The lytic screen of our LysA2 protein showed similar patterns to previously published results [7
]. Differences in observed activity against different species of Lactobacillus
could be attributable to the fact that different strains of the same species were used in the different studies. In our study, we observed different activity kinetics for two different strains of L. rhamnosus
(see Figure 2
). Other possible explanations for differences in activity could include differences in recombinant protein constructs, such as the presence or absence of affinity tags, and codon optimization of the sequence for E. coli
. While all published lytic data for LysA2 is from studies using turbidometric based lytic assays, differences in protocols could also affect observed differences in lytic activity. Unlike Ribelles et al.
, 2012 [7
], we performed lytic assays on whole cells. In addition, unlike Roach et al.
, 2013 [28
], we used MES at pH 5.25–5.5. These observed differences highlight the importance of a thorough characterization of lytic activity for each recombinant lysin in conditions appropriate for its application.

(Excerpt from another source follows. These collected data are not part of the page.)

-- ===== src/Text/Filename/Laws.antt =====
-- What a sanitised name is, by the tests of the code: every name that they let pass, and nothing else.
use zhuzhbox_cli.Base.{
  ℕ, zero, suc, ◌-◌, ◌≡◌, ◌≤◌, ◌<◌, Bool, true, false, not, ◌&&◌, ◌||◌, Option, none, some, [], ◌∷◌,
  ◌==◌, if◌then◌else◌, Bytes, codes, length, get_or, take, All, All-take, length-take, take_all,
  arith, Bool-cases, inl, inr, refl, if_holds, subst, ap, ◌∙◌,
}
use zhuzhbox_cli.Text.Filename.{
  sanitized_max, is_reserved_device_name, is_separator, leaf_from, is_dropped, drop_forbidden,
  cut_back, truncate, trimmed_len, is_dot_or_space, strip_end, leading_dots, name_or,
  sanitize_component, sanitize_filename, sanitize_dirname,
}

-- A byte that may stand in a name.
abbrev pub IsPlain : ℕ → Type 0
IsPlain c = (is_separator c ≡ false) × (is_dropped c ≡ false)

-- A name that the tests of the code let pass.
pub record IsKept (s : Bytes) : Type 0 where
  pub nonempty : 0 < length s
  pub short : length s ≤ sanitized_max
  pub plain : All IsPlain s
  pub ended : is_dot_or_space (get_or s (length s - 1) 0) ≡ false
  pub free : is_reserved_device_name s ≡ false

abbrev NoSeparator : ℕ → Type 0
NoSeparator c = is_separator c ≡ false

leaf_from-All :
    (base s : Bytes)
    → (All NoSeparator s → All NoSeparator base)
    → All NoSeparator (leaf_from base s)
unfolding leaf_from
leaf_from-All base [] h = h tt
leaf_from-All base (c ∷ cs) h = elim (Bool-cases (is_separator c)) [
  | inl sep ↦ rw sep (leaf_from-All cs cs (λ all. all))
  | inr char ↦ rw char (leaf_from-All base cs (λ all. h (char, all)))
]

leaf_from_same : (base s : Bytes) → All NoSeparator s → leaf_from base s ≡ base
unfolding leaf_from
leaf_from_same base [] h = refl
leaf_from_same base (c ∷ cs) h = rw h.0 (leaf_from_same base cs h.1)

drop_forbidden-All : (s : Bytes) → All NoSeparator s → All IsPlain (drop_forbidden s)
unfolding drop_forbidden
drop_forbidden-All [] h = tt
drop_forbidden-All (c ∷ cs) h = elim (Bool-cases (is_dropped c)) [
  | inl gone ↦ rw gone (drop_forbidden-All cs h.1)
  | inr there ↦ rw there ((h.0, there), drop_forbidden-All cs h.1)
]

drop_forbidden_same : (s : Bytes) → All IsPlain s → drop_forbidden s ≡ s
unfolding drop_forbidden
drop_forbidden_same [] h = refl
drop_forbidden_same (c ∷ cs) h = rw (h.0.1, drop_forbidden_same cs h.1)

cut_back-le : (s : Bytes) (cut : ℕ) → cut_back s cut ≤ cut
unfolding cut_back
cut_back-le s zero = omega arith
cut_back-le s (suc cut) = ground (arith, cut_back-le s cut)

truncate-short : (s : Bytes) → length (truncate s) ≤ sanitized_max
unfolding truncate
truncate-short s =
    ground (arith, length-take (cut_back s sanitized_max) s, cut_back-le s sanitized_max)

truncate-All : (s : Bytes) → All IsPlain s → All IsPlain (truncate s)
unfolding truncate
truncate-All s h = ground (arith, All-take IsPlain (cut_back s sanitized_max) s h)

truncate_same : (s : Bytes) → length s ≤ sanitized_max → truncate s ≡ s
unfolding truncate
truncate_same s h = ground arith

module _ (test : ℕ → Bool) (s : Bytes) where
  pub trimmed_len-le : (len : ℕ) → trimmed_len test s len ≤ len
  unfolding trimmed_len
  trimmed_len-le zero = omega arith
  trimmed_len-le (suc len) = ground (arith, trimmed_len-le len)

  -- Nothing is left, or the last byte that is left does not pass the test.
  pub trimmed_len-ended :
      (len : ℕ)
      → 0 < trimmed_len test s len
      → test (get_or s (trimmed_len test s len - 1) 0) ≡ false
  unfolding trimmed_len
  trimmed_len-ended zero = λ h. absurd (omega arith)
  trimmed_len-ended (suc len) =
      if_holds (λ n. 0 < n → test (get_or s (n - 1) 0) ≡ false) (test (get_or s len 0)) _ _
        (λ e. trimmed_len-ended len)
        (λ e h. subst (λ i. test (get_or s i 0) ≡ false) (omega arith) e)

  trimmed_len_same : (len : ℕ) → test (get_or s (len - 1) 0) ≡ false → trimmed_len test s len ≡ len
  unfolding trimmed_len
  trimmed_len_same zero h = refl
  trimmed_len_same (suc len) h =
      let last : test (get_or s len 0) ≡ false =
        subst (λ i. test (get_or s i 0) ≡ false) (omega arith) h in
      rw last refl

pub get_or-take : (n i : ℕ) (s : Bytes) → i < n → get_or (take n s) i 0 ≡ get_or s i 0
get_or-take zero i s h = absurd (omega arith)
get_or-take (suc n) i [] h = refl
get_or-take (suc n) zero (c ∷ s) h = refl
get_or-take (suc n) (suc i) (c ∷ s) h = get_or-take n i s (omega arith)

strip_end-length : (s : Bytes) → length (strip_end s) ≡ trimmed_len is_dot_or_space s (length s)
unfolding strip_end
strip_end-length s =
    let n = trimmed_len is_dot_or_space s (length s) in
    omega (arith, length-take n s, trimmed_len-le is_dot_or_space s (length s))

strip_end-ended :
    (s : Bytes)
    → 0 < length (strip_end s)
    → is_dot_or_space (get_or (strip_end s) (length (strip_end s) - 1) 0) ≡ false
unfolding strip_end
strip_end-ended s h =
    let n = trimmed_len is_dot_or_space s (length s) in
    let len : length (take n s) ≡ n = strip_end-length s in
    let last = trimmed_len-ended is_dot_or_space s (length s) (subst (λ k. 0 < k) len h) in
    let there = get_or-take n (n - 1) s (omega (arith, len, h)) in rw (len, there) last

strip_end_same : (s : Bytes) → is_dot_or_space (get_or s (length s - 1) 0) ≡ false → strip_end s ≡ s
unfolding strip_end
strip_end_same s h =
    rw (trimmed_len_same is_dot_or_space s (length s) h) (take_all (length s) s (omega arith))

-- A name with a last byte that is no dot is not made of dots.
leading_dots-le : (s : Bytes) → leading_dots s ≤ length s
unfolding leading_dots
leading_dots-le [] = omega arith
leading_dots-le (c ∷ cs) = ground (arith, leading_dots-le cs)

leading_dots-lt :
    (s : Bytes)
    → 0 < length s
    → is_dot_or_space (get_or s (length s - 1) 0) ≡ false
    → leading_dots s < length s
unfolding leading_dots
leading_dots-lt [] h last = absurd (omega arith)
leading_dots-lt (c ∷ []) h last = ground (arith, last)
leading_dots-lt (c ∷ d ∷ cs) h last =
    let n = length cs in
    let outer : suc (suc n) - 1 ≡ suc n = omega arith in
    let inner : n ≡ suc n - 1 = omega arith in
    let at_end = subst (λ i. is_dot_or_space (get_or (c ∷ d ∷ cs) i 0) ≡ false) outer last in
    let in_rest = subst (λ i. is_dot_or_space (get_or (d ∷ cs) i 0) ≡ false) inner at_end in
    let rest = leading_dots-lt (d ∷ cs) (omega arith) in_rest in ground (arith, rest)

-- What is left of a name before the tests for emptiness and for devices.
abbrev stripped_of : Bytes → Bytes
stripped_of name = strip_end (truncate (drop_forbidden (leaf_from name name)))

stripped_of-All : (name : Bytes) → All IsPlain (stripped_of name)
unfolding strip_end
stripped_of-All name =
    All-take IsPlain _ _
      (truncate-All _ (drop_forbidden-All _ (leaf_from-All name name (λ all. all))))

stripped_of-short : (name : Bytes) → length (stripped_of name) ≤ sanitized_max
stripped_of-short name =
    let cut = truncate (drop_forbidden (leaf_from name name)) in
    omega (
      arith,
      strip_end-length cut,
      trimmed_len-le is_dot_or_space cut (length cut),
      truncate-short (drop_forbidden (leaf_from name name)),
    )

IsKept-name :
    (s : Bytes) (all_dots : Bool)
    → All IsPlain s
    → length s ≤ sanitized_max
    → (0 < length s → is_dot_or_space (get_or s (length s - 1) 0) ≡ false)
    → (length (if all_dots then [] else s) == 0
        || is_reserved_device_name (if all_dots then [] else s))
      ≡ false
    → IsKept (if all_dots then [] else s)
IsKept-name s true plain short ended e = cc
IsKept-name s false plain short ended e =
    let nonempty : 0 < length s = ground (arith, e) in
    record {
      nonempty = nonempty;
      short = short;
      plain = plain;
      ended = ended nonempty;
      free = ground (arith, e);
    }

name_or-IsKept :
    (s fallback : Bytes)
    → All IsPlain s
    → length s ≤ sanitized_max
    → (0 < length s → is_dot_or_space (get_or s (length s - 1) 0) ≡ false)
    → IsKept fallback
    → IsKept (name_or s fallback)
unfolding name_or
name_or-IsKept s fallback plain short ended h =
    if_holds IsKept _ _ _ (λ e. h)
      (λ e. IsKept-name s (leading_dots s == length s) plain short ended e)

name_or_same :
    (s fallback : Bytes)
    → leading_dots s < length s
    → is_reserved_device_name s ≡ false
    → name_or s fallback ≡ s
unfolding name_or
name_or_same s fallback dots free =
    let some_name : (leading_dots s == length s) ≡ false = ground arith in
    let nonempty : (length s == 0) ≡ false = ground arith in rw (some_name, nonempty, free) refl

sanitize_component-IsKept :
    (name : Option Bytes) (fallback : Bytes)
    → IsKept fallback
    → IsKept (sanitize_component name fallback)
unfolding sanitize_component
sanitize_component-IsKept none fallback h = h
sanitize_component-IsKept (some name) fallback h =
    let cut = truncate (drop_forbidden (leaf_from name name)) in
    name_or-IsKept (stripped_of name) fallback (stripped_of-All name) (stripped_of-short name)
      (strip_end-ended cut) h

plain_All : (s : Bytes) → All IsPlain s → All NoSeparator s
plain_All [] h = tt
plain_All (c ∷ cs) h = (h.0.0, plain_All cs h.1)

-- A name that is safe stays as it is.
sanitize_component_same :
    (name fallback : Bytes) → IsKept name → sanitize_component (some name) fallback ≡ name
unfolding sanitize_component
sanitize_component_same name fallback h =
    let no_separator = plain_All name h.plain in
    let dots = leading_dots-lt name h.nonempty h.ended in
    let stripped : stripped_of name ≡ name =
      ap (λ s. strip_end (truncate (drop_forbidden s))) (leaf_from_same name name no_separator)
      ∙ ap (λ s. strip_end (truncate s)) (drop_forbidden_same name h.plain)
      ∙ ap strip_end (truncate_same name h.short)
      ∙ strip_end_same name h.ended in
    ap (λ s. name_or s fallback) stripped ∙ name_or_same name fallback dots h.free

unfoldable is_plain_text : Bytes → Bool
is_plain_text [] = true
is_plain_text (c ∷ cs) = not (is_separator c) && not (is_dropped c) && is_plain_text cs

is_plain_text-All : (s : Bytes) → is_plain_text s ≡ true → All IsPlain s
unfolding is_plain_text
is_plain_text-All [] h = tt
is_plain_text-All (c ∷ cs) h =
    ((ground (arith, h), ground (arith, h)), is_plain_text-All cs (ground (arith, h)))

download-IsKept : IsKept (codes "download")
unfolding is_reserved_device_name is_plain_text
download-IsKept = record {
  nonempty = omega arith;
  short = omega arith;
  plain = is_plain_text-All (codes "download") refl;
  ended = refl;
  free = refl;
}

collection-IsKept : IsKept (codes "collection")
unfolding is_reserved_device_name is_plain_text
collection-IsKept = record {
  nonempty = omega arith;
  short = omega arith;
  plain = is_plain_text-All (codes "collection") refl;
  ended = refl;
  free = refl;
}

pub sanitize-IsKept :
    (name : Option Bytes) (safe : Bytes)
    → IsKept safe
    → IsKept (sanitize_filename name)
      × IsKept (sanitize_dirname name)
      × (sanitize_filename (some safe) ≡ safe)
      × (sanitize_dirname (some safe) ≡ safe)
unfolding sanitize_filename sanitize_dirname
sanitize-IsKept name safe h = (
  sanitize_component-IsKept name (codes "download") download-IsKept,
  sanitize_component-IsKept name (codes "collection") collection-IsKept,
  sanitize_component_same safe (codes "download") h,
  sanitize_component_same safe (codes "collection") h,
)
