-- ===== src/Store/Config/Laws.antt =====
-- The settings stay in their ranges, and each comes from the place that has precedence.
use zhuzhbox_cli.Base.{
  ℕ, ◌-◌, ◌<◌, ◌≤◌, ◌≡◌, Bool, true, false, ◌||◌, Option, none, some, List, [], ◌∷◌, ltb,
  if◌then◌else◌, Bytes, codes, length, get_or, take, length-take, arith, refl, if_holds, All,
}
use zhuzhbox_cli.Base.Int.{ℤ, pos, negsuc}
use zhuzhbox_cli.Error.{Outcome, done, fail, ◌>>=◌}
use zhuzhbox_cli.Format.Size.{Doubles, is_either, parse_size}
use zhuzhbox_cli.Store.Alloc.{Alloc}
use zhuzhbox_cli.Store.Config.{
  Key, Source, Config, all_keys, key_env, defaults, is_slash, normalize_host, put_host, put_int,
  set_str, parse_tri, parse_bool, not_auto, strtol_all, parse_concurrency, set_int, set_size,
  set_from_text, set_env, env_keys, set_legacy, is_env, load_env,
}
use zhuzhbox_cli.Text.Filename.{trimmed_len}
use zhuzhbox_cli.Text.Filename.Laws.{trimmed_len-le, trimmed_len-ended, get_or-take}
use zhuzhbox_cli.Text.Utf8.{streq_from}

abbrev pub IsFlag : ℤ → Type 0
IsFlag (pos n) = n ≤ 1
IsFlag (negsuc n) = ⊥

abbrev pub IsTri : ℤ → Type 0
IsTri (pos n) = n ≤ 1
IsTri (negsuc n) = n ≡ 0

abbrev pub IsCount : ℤ → Type 0
IsCount (pos n) = (1 ≤ n) × (n ≤ 16)
IsCount (negsuc n) = ⊥

-- A path can be put behind it without two slashes in a row.
abbrev pub IsHost : Bytes → Type 0
IsHost host = 0 < length host → is_slash (get_or host (length host - 1) 0) ≡ false

-- The hosts, the number of uploads at once, the switches, and the settings that may be "auto".
abbrev pub IsValid : Config → Type 0
IsValid cfg =
    All IsHost (cfg.api_host ∷ cfg.download_host ∷ cfg.site_host ∷ [])
    × IsCount cfg.concurrency
    × All IsFlag (cfg.bundle_default ∷ cfg.single_shot ∷ cfg.resume_default ∷ [])
    × All IsTri (cfg.color ∷ cfg.progress ∷ [])

abbrev pub Gives : (Config → Type 0) → Outcome Config → Type 0
Gives P (fail e) = Unit
Gives P (done cfg) = P cfg

pub Gives-bind :
    (P Q : Config → Type 0) (o : Outcome Config) (next : Config → Outcome Config)
    → Gives P o
    → ((cfg : Config) → P cfg → Gives Q (next cfg))
    → Gives Q (o >>= next)
Gives-bind P Q (fail e) next h step = tt
Gives-bind P Q (done cfg) next h step = step cfg h

normalize_host-IsHost : (value : Bytes) → IsHost (normalize_host value)
unfolding normalize_host
normalize_host-IsHost value h =
    let n = trimmed_len is_slash value (length value) in
    let bound = trimmed_len-le is_slash value (length value) in
    let len : length (take n value) ≡ n = omega (arith, length-take n value, bound) in
    rw (len, get_or-take n (n - 1) value (omega (arith, len, h)))
      (trimmed_len-ended is_slash value (length value) (omega (arith, len, h)))

put_host-IsValid :
    (key : Key) (host : Bytes) (cfg : Config)
    → IsHost host
    → IsValid cfg
    → IsValid (put_host key host cfg)
put_host-IsValid Key.api_host host cfg h v = ((h, v.0.1), v.1, v.2, v.3)
put_host-IsValid Key.download_host host cfg h v = ((v.0.0, (h, v.0.1.1)), v.1, v.2, v.3)
put_host-IsValid Key.site_host host cfg h v = ((v.0.0, (v.0.1.0, (h, v.0.1.1.1))), v.1, v.2, v.3)
put_host-IsValid _ host cfg h v = v

abbrev Fits : Key → ℤ → Type 0
Fits Key.concurrency v = IsCount v
Fits Key.bundle v = IsFlag v
Fits Key.single_shot v = IsFlag v
Fits Key.resume v = IsFlag v
Fits Key.color v = IsTri v
Fits Key.progress v = IsTri v
Fits _ v = Unit

put_int-IsValid :
    (key : Key) (v : ℤ) (cfg : Config) → Fits key v → IsValid cfg → IsValid (put_int key v cfg)
put_int-IsValid Key.concurrency n cfg h v = (v.0, h, v.2, v.3)
put_int-IsValid Key.bundle n cfg h v = (v.0, v.1, (h, v.2.1), v.3)
put_int-IsValid Key.single_shot n cfg h v = (v.0, v.1, (v.2.0, (h, v.2.1.1)), v.3)
put_int-IsValid Key.resume n cfg h v = (v.0, v.1, (v.2.0, (v.2.1.0, (h, v.2.1.1.1))), v.3)
put_int-IsValid Key.color n cfg h v = (v.0, v.1, v.2, (h, v.3.1))
put_int-IsValid Key.progress n cfg h v = (v.0, v.1, v.2, (v.3.0, (h, v.3.1.1)))
put_int-IsValid _ n cfg h v = v

abbrev WhenSome : (ℤ → Type 0) → Option ℤ → Type 0
WhenSome P none = Unit
WhenSome P (some v) = P v

three_ways :
    (auto on off : Bool)
    → WhenSome IsTri (
        if auto
        then some (negsuc 0)
        else if on
        then some (pos 1)
        else if off
        then some (pos 0)
        else none)
three_ways true on off = refl
three_ways false true off = omega arith
three_ways false false true = omega arith
three_ways false false false = tt

parse_tri-IsTri : (s : Bytes) → WhenSome IsTri (parse_tri s)
unfolding parse_tri
parse_tri-IsTri s =
    three_ways (streq_from s (codes "auto"))
      (is_either s (codes "on") (codes "yes") (codes "true")
        || streq_from s (codes "1")
        || streq_from s (codes "always"))
      (is_either s (codes "off") (codes "no") (codes "false")
        || streq_from s (codes "0")
        || streq_from s (codes "never"))

not_auto-IsFlag : (o : Option ℤ) → WhenSome IsTri o → WhenSome IsFlag (not_auto o)
not_auto-IsFlag none h = tt
not_auto-IsFlag (some (pos n)) h = h
not_auto-IsFlag (some (negsuc n)) h = tt

parse_concurrency-IsCount : (s : Bytes) → WhenSome IsCount (parse_concurrency s)
unfolding parse_concurrency
parse_concurrency-IsCount s = count_of (strtol_all s)
  where
    count_of :
        (o : Option ℤ)
        → WhenSome IsCount (elim o [
          | some (pos n) ↦ (if ltb n 1 || ltb 16 n then none else some (pos n))
          | _ ↦ none
        ])
    count_of none = tt
    count_of (some (negsuc n)) = tt
    count_of (some (pos n)) =
        if_holds (WhenSome IsCount) (ltb n 1 || ltb 16 n) none (some (pos n)) (λ e. tt)
          (λ e. (ground (arith, e), ground (arith, e)))

set_int-IsValid :
    (o : Option ℤ) (key : Key) (source : Source) (cfg : Config)
    → WhenSome (Fits key) o
    → IsValid cfg
    → Gives IsValid (set_int o key source cfg)
set_int-IsValid none key source cfg h v = tt
set_int-IsValid (some n) key source cfg h v = put_int-IsValid key n cfg h v

set_size-IsValid :
    (o : Option ℕ) (source : Source) (cfg : Config)
    → IsValid cfg
    → Gives IsValid (set_size o source cfg)
set_size-IsValid none source cfg v = tt
set_size-IsValid (some n) source cfg v = v

set_str-IsValid :
    (m : Alloc) (key : Key) (text : Bytes) (source : Source) (cfg : Config)
    → IsValid cfg
    → Gives IsValid (set_str m key text source cfg)
unfolding set_str
set_str-IsValid m key [] source cfg v = tt
set_str-IsValid m key (c ∷ cs) source cfg v =
    let host = normalize_host (c ∷ cs) in
    if_holds (Gives IsValid) m.copy_ok _ _
      (λ e. put_host-IsValid key host cfg (normalize_host-IsHost (c ∷ cs)) v) (λ e. tt)

module _ (f : Doubles) (m : Alloc) where
  pub set_from_text-IsValid :
      (key : Key) (text : Bytes) (source : Source) (cfg : Config)
      → IsValid cfg
      → Gives IsValid (set_from_text f m key text source cfg)
  unfolding set_from_text parse_bool
  set_from_text-IsValid Key.concurrency text source cfg v =
      set_int-IsValid (parse_concurrency text) Key.concurrency source cfg
        (parse_concurrency-IsCount text) v
  set_from_text-IsValid Key.bundle text source cfg v =
      set_int-IsValid (parse_bool text) Key.bundle source cfg
        (not_auto-IsFlag (parse_tri text) (parse_tri-IsTri text)) v
  set_from_text-IsValid Key.single_shot text source cfg v =
      set_int-IsValid (parse_bool text) Key.single_shot source cfg
        (not_auto-IsFlag (parse_tri text) (parse_tri-IsTri text)) v
  set_from_text-IsValid Key.resume text source cfg v =
      set_int-IsValid (parse_bool text) Key.resume source cfg
        (not_auto-IsFlag (parse_tri text) (parse_tri-IsTri text)) v
  set_from_text-IsValid Key.color text source cfg v =
      set_int-IsValid (parse_tri text) Key.color source cfg (parse_tri-IsTri text) v
  set_from_text-IsValid Key.progress text source cfg v =
      set_int-IsValid (parse_tri text) Key.progress source cfg (parse_tri-IsTri text) v
  set_from_text-IsValid Key.single_shot_max text source cfg v =
      set_size-IsValid (parse_size f (some text)) source cfg v
  set_from_text-IsValid Key.api_host text source cfg v =
      set_str-IsValid m Key.api_host text source cfg v
  set_from_text-IsValid Key.download_host text source cfg v =
      set_str-IsValid m Key.download_host text source cfg v
  set_from_text-IsValid Key.site_host text source cfg v =
      set_str-IsValid m Key.site_host text source cfg v

  set_env-IsValid :
      (env : Bytes → Option Bytes) (key : Key) (cfg : Config)
      → IsValid cfg
      → Gives IsValid (set_env f m env key cfg)
  set_env-IsValid env key cfg v = from_value (env (key_env key))
    where
      from_value :
          (o : Option Bytes)
          → Gives IsValid (elim o [
            | none ↦ done cfg
            | some value ↦ set_from_text f m key value Source.from_env cfg
          ])
      from_value none = v
      from_value (some value) = set_from_text-IsValid key value Source.from_env cfg v

  env_keys-IsValid :
      (env : Bytes → Option Bytes) (keys : List Key) (cfg : Config)
      → IsValid cfg
      → Gives IsValid (env_keys f m env keys cfg)
  unfolding env_keys
  env_keys-IsValid env [] cfg v = v
  env_keys-IsValid env (key ∷ keys) cfg v =
      Gives-bind IsValid IsValid (set_env f m env key cfg) (env_keys f m env keys)
        (set_env-IsValid env key cfg v) (λ after w. env_keys-IsValid env keys after w)

  set_legacy-IsValid :
      (legacy : Option Bytes) (cfg : Config)
      → IsValid cfg
      → Gives IsValid (set_legacy f m legacy cfg)
  set_legacy-IsValid none cfg v = v
  set_legacy-IsValid (some legacy) cfg v =
      if_holds (Gives IsValid) (is_env (cfg.src Key.api_host)) (done cfg)
        (set_from_text f m Key.api_host legacy Source.from_env cfg) (λ e. v)
        (λ e. set_from_text-IsValid Key.api_host legacy Source.from_env cfg v)

  pub load_env-IsValid :
      (env : Bytes → Option Bytes) (cfg : Config)
      → IsValid cfg
      → Gives IsValid (load_env f m env cfg)
  unfolding load_env
  load_env-IsValid env cfg v =
      Gives-bind IsValid IsValid (env_keys f m env all_keys cfg)
        (set_legacy f m (env (codes "ZHUZHBOX_API"))) (env_keys-IsValid env all_keys cfg v)
        (λ after w. set_legacy-IsValid (env (codes "ZHUZHBOX_API")) after w)

pub defaults-IsValid : IsValid defaults
unfolding defaults
defaults-IsValid = (
  ((λ h. refl), ((λ h. refl), ((λ h. refl), tt))),
  (omega arith, omega arith),
  (omega arith, (omega arith, (omega arith, tt))),
  (refl, (refl, tt)),
)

As a step in developing improved microbial purity assays for LBPs, we have demonstrated that LysA2 can effectively eliminate large numbers of L. jensenii cells spiked with 10–100 CFU of either E. coli or S. aureus. Addition of LysA2 to the mixture allowed for clear identification of E. coli and S. aureus colonies during subsequent plating on MRS and TSA agar. Without addition of the lysin, E coli and S. aureus colonies are difficult to distinguish on MRS agar, highlighting the potential problem of product interference in detecting small numbers of contaminating organisms. Incubating with lysin, in addition to plating on agar that is more conducive to growth of non-lactobacilli, can be an effective method for detecting low numbers of contaminating bacteria in the presence of a dense population of product bacteria. Additional optimization is necessary to develop LysA2 and other lysins as robust reagents for use in purity assays for LBPs. This will include determination of appropriate storage conditions, stability testing, and range of application for various species in a variety of buffers and media. Activity will need to be fully characterized for both the target organism as well as potential contaminants that we are hoping to detect. Ultimately, purity assays may involve the use of multiple lysins that may act synergistically for optimum elimination of large number of product bacteria, without affecting the growth of any potential contaminants. We feel that development of lysins as tools and reagents in purity assays for LBPs show great promise. We anticipate that using recombinant lysins in culture based assays to evaluate purity of LBPs will allow to the development of simple yet robust assays to detect both Gram-positive and Gram-negative contaminating bacteria, without the use of multiple different selective media.